(Beginning of The records)
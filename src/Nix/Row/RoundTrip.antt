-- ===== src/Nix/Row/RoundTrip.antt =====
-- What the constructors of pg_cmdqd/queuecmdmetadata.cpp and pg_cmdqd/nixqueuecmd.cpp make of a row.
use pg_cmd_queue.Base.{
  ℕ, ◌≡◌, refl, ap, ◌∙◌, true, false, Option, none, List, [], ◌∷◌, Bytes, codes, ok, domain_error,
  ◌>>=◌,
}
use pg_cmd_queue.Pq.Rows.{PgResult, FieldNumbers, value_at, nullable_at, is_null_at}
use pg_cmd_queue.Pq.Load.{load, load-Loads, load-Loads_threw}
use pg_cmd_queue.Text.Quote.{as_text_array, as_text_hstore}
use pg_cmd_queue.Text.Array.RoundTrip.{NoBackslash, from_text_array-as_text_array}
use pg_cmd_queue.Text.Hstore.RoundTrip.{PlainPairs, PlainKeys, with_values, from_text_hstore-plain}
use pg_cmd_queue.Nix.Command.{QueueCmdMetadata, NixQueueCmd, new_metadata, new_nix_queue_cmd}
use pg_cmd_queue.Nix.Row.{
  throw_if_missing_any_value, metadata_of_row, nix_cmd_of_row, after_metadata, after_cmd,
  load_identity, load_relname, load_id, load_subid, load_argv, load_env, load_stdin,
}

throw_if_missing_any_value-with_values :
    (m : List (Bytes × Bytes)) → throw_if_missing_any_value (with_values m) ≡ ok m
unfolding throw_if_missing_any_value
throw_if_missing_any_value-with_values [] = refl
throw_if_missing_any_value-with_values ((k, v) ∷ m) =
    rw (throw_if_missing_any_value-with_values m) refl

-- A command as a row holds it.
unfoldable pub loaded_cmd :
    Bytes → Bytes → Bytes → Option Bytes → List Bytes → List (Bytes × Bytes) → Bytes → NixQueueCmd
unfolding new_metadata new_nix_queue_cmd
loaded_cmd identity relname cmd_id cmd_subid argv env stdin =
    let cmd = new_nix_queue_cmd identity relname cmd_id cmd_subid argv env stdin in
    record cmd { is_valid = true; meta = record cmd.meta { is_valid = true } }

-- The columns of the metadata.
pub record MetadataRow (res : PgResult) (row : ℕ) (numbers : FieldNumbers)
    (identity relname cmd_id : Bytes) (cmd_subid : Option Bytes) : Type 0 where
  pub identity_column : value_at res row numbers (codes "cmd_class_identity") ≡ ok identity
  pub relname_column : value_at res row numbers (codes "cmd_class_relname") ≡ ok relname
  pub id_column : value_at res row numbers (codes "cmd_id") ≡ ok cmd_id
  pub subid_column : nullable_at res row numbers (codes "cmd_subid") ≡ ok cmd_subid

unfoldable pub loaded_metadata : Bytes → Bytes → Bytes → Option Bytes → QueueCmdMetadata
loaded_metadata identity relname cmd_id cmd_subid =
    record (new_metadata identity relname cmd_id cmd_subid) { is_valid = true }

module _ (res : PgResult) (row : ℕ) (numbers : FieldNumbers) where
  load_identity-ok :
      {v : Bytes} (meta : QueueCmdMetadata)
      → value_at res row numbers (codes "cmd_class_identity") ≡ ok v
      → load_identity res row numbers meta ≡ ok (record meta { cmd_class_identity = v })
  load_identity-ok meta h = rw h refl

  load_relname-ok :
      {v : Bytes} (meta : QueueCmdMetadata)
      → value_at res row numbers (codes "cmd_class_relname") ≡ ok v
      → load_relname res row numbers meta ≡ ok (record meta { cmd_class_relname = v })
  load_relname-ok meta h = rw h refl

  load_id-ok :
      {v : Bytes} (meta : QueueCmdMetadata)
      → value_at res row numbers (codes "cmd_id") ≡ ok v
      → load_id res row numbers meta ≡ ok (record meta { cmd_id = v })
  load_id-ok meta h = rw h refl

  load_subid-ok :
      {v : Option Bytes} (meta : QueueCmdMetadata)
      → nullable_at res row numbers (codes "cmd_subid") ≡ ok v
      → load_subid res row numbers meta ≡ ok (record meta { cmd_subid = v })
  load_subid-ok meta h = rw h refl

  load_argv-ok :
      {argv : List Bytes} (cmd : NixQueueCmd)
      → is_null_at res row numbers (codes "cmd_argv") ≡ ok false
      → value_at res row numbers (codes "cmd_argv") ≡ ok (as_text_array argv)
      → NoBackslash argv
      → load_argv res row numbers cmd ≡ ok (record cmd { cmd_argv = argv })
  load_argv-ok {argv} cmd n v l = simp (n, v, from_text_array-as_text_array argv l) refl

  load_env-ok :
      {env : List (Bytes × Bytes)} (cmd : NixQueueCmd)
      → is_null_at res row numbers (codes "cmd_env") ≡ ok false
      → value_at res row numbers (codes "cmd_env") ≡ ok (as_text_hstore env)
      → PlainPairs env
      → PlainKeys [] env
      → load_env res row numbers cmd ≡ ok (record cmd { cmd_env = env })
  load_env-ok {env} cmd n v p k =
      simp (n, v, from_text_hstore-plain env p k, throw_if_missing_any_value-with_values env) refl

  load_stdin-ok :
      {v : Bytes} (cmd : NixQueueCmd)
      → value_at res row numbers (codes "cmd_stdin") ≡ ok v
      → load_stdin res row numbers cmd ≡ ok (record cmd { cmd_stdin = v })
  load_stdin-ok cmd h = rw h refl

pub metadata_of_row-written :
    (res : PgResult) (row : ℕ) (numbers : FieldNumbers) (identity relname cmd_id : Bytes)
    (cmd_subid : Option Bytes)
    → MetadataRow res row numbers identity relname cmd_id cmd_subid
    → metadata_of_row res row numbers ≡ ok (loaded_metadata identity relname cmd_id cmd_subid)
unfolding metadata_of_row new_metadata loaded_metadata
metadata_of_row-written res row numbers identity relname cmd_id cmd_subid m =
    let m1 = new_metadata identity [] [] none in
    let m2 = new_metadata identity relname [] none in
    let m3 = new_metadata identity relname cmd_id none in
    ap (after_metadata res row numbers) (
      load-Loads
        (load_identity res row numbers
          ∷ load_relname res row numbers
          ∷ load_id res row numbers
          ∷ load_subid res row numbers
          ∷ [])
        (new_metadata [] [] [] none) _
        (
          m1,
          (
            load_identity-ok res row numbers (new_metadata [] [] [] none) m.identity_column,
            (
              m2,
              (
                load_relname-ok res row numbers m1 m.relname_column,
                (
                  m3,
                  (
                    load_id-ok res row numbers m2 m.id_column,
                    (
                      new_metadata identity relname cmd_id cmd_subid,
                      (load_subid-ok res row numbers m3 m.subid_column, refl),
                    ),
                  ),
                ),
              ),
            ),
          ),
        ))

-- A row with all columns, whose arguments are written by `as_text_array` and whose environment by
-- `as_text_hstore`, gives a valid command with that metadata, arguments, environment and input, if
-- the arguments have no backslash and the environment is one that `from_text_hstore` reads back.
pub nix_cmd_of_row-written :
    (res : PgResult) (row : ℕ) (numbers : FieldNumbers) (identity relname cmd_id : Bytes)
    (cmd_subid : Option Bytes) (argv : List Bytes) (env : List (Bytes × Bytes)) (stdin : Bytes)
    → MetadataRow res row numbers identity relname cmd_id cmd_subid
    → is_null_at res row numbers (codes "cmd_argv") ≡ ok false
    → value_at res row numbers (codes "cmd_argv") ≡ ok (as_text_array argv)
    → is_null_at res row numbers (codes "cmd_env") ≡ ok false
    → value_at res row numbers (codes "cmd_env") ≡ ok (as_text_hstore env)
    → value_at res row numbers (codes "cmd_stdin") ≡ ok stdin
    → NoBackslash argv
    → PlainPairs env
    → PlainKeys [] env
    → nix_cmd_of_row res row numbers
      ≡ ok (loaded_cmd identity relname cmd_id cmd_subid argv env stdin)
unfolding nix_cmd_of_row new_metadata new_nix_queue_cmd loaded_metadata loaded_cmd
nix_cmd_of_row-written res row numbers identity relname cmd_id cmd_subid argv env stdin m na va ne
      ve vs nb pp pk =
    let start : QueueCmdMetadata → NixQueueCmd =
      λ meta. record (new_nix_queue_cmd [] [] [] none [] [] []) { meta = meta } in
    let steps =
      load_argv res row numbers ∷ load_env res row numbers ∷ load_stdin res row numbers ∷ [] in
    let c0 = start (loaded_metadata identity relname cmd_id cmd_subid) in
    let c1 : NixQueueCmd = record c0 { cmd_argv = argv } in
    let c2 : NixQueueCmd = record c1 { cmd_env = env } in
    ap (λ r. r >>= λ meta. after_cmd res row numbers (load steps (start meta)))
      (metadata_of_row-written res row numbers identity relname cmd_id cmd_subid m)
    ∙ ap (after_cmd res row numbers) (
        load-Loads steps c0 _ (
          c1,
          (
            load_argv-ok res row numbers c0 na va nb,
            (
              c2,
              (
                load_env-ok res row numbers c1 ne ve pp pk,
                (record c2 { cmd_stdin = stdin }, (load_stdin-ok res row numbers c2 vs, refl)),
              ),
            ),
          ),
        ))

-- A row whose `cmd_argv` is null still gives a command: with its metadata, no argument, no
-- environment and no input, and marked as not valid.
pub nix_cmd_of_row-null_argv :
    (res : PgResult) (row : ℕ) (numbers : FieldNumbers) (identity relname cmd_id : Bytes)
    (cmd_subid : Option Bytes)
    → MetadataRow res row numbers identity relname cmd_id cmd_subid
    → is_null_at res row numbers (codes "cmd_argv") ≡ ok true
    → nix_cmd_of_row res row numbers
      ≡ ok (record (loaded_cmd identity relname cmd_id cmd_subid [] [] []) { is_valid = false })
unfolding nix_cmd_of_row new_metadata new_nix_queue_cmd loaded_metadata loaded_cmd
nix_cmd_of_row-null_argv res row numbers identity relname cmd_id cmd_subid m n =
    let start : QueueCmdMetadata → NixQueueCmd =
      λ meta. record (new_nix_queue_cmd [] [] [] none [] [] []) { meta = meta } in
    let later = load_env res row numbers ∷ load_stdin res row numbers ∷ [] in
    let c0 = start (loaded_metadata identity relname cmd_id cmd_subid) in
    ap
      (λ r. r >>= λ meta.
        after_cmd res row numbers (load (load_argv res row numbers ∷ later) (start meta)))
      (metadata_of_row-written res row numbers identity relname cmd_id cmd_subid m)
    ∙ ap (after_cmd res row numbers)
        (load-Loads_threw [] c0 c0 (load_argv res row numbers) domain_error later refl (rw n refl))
(End of The records)
_Aim of the exercise:_
Pull out each line of the records holding the string "none".

_Task output:_
  ℕ, ◌≡◌, refl, ap, ◌∙◌, true, false, Option, none, List, [], ◌∷◌, Bytes, codes, ok, domain_error,
    let m1 = new_metadata identity [] [] none in
    let m2 = new_metadata identity relname [] none in
    let m3 = new_metadata identity relname cmd_id none in
        (new_metadata [] [] [] none) _
            load_identity-ok res row numbers (new_metadata [] [] [] none) m.identity_column,
      λ meta. record (new_nix_queue_cmd [] [] [] none [] [] []) { meta = meta } in
      λ meta. record (new_nix_queue_cmd [] [] [] none [] [] []) { meta = meta } in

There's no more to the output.